### Exercise objective
All lines in the material below that contain "files" should be located and copied.
:: Information shown ::
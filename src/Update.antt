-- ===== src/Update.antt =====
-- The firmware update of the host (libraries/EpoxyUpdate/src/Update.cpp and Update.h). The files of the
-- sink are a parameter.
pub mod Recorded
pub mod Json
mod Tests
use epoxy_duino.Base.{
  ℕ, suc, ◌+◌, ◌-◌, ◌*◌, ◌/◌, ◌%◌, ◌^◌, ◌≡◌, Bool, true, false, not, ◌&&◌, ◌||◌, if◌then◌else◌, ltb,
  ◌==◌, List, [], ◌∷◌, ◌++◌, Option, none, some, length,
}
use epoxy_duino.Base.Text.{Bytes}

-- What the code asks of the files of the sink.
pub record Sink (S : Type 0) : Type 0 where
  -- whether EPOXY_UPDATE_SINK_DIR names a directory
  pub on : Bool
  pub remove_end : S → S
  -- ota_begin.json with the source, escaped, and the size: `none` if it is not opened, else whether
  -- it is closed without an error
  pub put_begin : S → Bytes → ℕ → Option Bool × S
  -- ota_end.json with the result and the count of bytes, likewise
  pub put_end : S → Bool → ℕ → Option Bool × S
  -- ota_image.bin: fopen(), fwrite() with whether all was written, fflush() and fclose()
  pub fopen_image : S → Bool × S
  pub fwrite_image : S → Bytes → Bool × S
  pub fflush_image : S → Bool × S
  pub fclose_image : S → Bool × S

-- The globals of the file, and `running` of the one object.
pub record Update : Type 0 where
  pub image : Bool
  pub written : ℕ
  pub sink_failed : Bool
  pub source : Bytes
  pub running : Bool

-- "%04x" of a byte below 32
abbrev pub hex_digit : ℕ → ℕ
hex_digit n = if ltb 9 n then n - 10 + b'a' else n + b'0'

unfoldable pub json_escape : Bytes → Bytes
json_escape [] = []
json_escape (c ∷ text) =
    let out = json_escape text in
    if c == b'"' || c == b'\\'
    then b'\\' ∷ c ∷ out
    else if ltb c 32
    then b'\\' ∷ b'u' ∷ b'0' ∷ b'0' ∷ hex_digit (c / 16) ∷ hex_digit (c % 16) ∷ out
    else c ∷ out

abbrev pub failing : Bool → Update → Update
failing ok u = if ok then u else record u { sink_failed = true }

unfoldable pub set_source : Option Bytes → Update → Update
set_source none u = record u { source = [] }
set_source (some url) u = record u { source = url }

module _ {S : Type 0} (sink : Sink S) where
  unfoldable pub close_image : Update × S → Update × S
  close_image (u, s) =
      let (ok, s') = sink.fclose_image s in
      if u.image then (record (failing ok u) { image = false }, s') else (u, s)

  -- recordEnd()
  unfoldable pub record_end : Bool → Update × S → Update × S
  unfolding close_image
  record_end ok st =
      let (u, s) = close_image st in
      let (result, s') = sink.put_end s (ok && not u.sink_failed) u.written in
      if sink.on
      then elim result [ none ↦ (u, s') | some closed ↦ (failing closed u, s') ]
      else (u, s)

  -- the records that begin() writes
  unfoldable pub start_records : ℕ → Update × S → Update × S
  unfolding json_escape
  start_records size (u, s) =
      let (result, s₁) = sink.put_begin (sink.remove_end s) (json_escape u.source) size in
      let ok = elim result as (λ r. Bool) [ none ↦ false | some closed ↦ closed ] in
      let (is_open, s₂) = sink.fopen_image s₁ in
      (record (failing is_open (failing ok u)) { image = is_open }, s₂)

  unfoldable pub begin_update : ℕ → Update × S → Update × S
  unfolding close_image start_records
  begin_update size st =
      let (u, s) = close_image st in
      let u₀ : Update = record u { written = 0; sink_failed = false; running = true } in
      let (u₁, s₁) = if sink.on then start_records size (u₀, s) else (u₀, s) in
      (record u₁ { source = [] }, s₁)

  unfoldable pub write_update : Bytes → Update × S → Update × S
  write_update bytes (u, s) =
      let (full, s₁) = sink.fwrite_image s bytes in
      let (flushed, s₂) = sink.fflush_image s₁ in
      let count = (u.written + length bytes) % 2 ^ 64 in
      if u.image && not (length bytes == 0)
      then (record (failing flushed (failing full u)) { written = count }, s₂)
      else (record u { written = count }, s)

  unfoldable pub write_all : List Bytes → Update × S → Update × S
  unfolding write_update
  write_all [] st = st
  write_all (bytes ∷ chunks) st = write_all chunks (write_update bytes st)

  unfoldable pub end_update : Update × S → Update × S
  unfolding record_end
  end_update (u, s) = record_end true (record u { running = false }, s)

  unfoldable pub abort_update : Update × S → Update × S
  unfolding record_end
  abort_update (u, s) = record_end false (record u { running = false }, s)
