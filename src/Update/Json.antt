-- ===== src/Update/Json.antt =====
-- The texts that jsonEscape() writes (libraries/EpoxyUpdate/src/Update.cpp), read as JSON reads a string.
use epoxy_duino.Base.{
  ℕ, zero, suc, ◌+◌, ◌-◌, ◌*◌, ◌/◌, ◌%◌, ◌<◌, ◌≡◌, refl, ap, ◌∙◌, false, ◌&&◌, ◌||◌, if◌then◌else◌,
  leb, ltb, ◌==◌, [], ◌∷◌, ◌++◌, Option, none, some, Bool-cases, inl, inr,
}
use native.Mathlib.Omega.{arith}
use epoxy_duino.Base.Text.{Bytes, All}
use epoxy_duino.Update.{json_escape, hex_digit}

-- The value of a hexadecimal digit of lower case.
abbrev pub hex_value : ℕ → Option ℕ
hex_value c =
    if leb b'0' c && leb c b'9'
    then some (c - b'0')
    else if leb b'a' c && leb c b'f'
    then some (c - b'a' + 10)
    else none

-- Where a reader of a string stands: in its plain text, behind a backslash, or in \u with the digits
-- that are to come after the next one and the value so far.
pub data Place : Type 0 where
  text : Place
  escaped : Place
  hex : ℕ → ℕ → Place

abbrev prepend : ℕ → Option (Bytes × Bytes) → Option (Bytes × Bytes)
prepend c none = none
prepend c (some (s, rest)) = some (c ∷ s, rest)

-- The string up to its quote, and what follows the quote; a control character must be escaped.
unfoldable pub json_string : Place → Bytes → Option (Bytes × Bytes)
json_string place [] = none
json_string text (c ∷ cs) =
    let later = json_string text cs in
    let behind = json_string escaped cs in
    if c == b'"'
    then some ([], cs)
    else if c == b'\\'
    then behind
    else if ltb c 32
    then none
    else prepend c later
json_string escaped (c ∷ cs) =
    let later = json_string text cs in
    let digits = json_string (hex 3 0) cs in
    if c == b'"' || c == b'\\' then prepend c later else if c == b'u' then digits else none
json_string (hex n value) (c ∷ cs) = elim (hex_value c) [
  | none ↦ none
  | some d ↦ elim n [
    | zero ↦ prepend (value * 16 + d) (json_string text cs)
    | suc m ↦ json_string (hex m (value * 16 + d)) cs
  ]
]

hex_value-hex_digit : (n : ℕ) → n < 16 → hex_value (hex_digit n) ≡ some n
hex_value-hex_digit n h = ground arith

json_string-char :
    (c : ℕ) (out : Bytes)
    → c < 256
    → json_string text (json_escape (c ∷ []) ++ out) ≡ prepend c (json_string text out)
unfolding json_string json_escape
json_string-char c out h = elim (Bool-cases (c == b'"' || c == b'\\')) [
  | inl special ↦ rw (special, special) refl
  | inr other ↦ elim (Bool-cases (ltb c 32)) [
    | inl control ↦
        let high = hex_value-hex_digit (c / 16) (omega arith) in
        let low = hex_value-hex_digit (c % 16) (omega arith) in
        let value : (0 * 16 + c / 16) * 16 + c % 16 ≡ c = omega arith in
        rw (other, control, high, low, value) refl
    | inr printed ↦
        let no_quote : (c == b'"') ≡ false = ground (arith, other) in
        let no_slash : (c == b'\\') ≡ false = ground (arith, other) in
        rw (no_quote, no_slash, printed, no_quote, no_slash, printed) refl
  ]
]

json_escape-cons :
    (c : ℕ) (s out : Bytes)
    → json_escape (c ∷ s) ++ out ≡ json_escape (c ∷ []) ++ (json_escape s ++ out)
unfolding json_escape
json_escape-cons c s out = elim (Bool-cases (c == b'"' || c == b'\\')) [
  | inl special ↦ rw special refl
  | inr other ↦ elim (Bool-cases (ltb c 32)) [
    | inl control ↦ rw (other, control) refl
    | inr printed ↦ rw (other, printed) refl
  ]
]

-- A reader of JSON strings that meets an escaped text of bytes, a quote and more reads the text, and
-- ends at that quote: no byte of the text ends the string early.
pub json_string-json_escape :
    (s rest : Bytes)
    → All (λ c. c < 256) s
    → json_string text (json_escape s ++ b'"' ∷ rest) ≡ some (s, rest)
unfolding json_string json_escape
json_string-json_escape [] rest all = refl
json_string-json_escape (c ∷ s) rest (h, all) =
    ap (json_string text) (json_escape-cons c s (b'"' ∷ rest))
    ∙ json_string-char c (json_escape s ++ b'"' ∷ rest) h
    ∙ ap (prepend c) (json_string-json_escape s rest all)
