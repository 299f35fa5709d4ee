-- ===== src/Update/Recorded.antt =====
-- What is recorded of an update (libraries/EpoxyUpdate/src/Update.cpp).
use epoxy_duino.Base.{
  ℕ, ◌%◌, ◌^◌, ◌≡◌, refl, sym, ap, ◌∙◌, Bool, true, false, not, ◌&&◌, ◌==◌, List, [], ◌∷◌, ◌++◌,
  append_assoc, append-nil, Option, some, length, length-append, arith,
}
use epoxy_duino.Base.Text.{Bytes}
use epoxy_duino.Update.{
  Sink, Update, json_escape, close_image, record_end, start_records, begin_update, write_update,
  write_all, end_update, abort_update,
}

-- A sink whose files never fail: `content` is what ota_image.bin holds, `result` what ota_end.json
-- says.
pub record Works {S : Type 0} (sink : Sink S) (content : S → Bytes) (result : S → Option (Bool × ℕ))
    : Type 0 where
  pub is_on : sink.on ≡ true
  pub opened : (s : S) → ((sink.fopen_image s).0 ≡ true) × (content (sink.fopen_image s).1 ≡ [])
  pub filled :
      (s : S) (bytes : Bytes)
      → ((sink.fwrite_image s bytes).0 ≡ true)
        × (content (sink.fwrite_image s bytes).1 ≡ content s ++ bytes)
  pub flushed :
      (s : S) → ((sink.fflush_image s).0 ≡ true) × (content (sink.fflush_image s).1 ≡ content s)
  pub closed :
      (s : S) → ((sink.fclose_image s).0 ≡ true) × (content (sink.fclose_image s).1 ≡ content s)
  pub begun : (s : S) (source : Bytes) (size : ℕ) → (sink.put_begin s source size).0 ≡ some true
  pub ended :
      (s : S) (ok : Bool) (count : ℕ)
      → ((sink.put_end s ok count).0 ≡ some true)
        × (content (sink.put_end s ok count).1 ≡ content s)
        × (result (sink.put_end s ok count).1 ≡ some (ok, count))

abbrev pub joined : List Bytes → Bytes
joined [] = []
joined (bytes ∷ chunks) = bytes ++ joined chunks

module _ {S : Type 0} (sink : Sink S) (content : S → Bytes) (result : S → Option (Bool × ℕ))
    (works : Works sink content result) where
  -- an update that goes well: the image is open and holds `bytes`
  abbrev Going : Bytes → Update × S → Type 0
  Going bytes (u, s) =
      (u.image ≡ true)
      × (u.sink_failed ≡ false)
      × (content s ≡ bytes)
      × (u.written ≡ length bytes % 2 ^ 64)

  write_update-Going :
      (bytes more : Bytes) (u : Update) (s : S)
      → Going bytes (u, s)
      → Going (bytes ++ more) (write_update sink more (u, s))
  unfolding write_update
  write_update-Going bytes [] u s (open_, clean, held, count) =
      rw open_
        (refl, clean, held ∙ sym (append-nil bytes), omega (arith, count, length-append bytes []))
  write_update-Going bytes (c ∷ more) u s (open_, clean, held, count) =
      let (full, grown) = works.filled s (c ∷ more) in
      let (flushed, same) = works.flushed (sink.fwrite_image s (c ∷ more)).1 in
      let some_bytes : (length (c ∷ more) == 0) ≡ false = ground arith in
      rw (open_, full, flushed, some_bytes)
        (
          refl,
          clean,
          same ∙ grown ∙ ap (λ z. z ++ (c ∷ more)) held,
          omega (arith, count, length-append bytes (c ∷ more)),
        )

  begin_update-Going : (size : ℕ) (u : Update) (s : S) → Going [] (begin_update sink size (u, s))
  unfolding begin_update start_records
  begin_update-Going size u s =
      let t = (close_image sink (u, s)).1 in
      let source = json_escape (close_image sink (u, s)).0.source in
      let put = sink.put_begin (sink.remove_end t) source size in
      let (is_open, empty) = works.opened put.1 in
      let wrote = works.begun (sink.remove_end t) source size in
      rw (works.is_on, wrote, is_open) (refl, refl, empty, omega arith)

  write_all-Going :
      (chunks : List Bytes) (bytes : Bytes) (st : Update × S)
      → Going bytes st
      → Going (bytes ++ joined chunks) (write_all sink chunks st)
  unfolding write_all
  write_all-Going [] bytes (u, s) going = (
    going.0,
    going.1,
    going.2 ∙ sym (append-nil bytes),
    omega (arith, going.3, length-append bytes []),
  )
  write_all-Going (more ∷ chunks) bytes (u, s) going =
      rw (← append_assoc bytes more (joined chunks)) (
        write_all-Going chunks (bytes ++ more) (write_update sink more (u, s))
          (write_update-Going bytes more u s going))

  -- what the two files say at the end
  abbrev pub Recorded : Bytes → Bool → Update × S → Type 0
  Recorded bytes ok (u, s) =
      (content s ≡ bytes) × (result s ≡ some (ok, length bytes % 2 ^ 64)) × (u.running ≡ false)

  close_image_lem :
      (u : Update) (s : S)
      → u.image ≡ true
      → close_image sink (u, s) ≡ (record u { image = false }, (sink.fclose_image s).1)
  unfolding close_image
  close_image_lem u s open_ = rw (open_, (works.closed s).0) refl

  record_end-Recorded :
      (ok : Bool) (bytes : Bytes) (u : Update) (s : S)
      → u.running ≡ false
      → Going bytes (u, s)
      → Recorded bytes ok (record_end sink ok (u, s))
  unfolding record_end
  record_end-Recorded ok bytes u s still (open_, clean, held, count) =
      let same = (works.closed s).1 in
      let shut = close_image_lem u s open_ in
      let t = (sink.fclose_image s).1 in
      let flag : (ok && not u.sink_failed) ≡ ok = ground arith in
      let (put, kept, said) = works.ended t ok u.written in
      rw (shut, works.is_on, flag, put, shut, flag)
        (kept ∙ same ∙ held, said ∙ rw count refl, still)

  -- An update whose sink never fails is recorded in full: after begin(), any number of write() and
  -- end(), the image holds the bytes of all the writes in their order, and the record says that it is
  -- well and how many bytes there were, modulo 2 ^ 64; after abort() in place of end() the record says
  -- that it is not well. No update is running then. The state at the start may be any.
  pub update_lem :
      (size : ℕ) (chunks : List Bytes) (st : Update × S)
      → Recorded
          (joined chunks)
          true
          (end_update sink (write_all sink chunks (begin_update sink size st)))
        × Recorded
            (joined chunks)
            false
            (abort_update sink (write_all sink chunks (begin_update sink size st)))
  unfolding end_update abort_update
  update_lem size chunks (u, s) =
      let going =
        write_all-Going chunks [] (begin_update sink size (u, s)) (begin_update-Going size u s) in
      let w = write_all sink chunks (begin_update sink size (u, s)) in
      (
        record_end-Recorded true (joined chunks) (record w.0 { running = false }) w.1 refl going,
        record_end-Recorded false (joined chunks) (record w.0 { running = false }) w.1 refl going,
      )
:::
### Answer space
-- The firmware update of the host (libraries/EpoxyUpdate/src/Update.cpp and Update.h). The files of the
-- What the code asks of the files of the sink.
-- A sink whose files never fail: `content` is what ota_image.bin holds, `result` what ota_end.json
  -- what the two files say at the end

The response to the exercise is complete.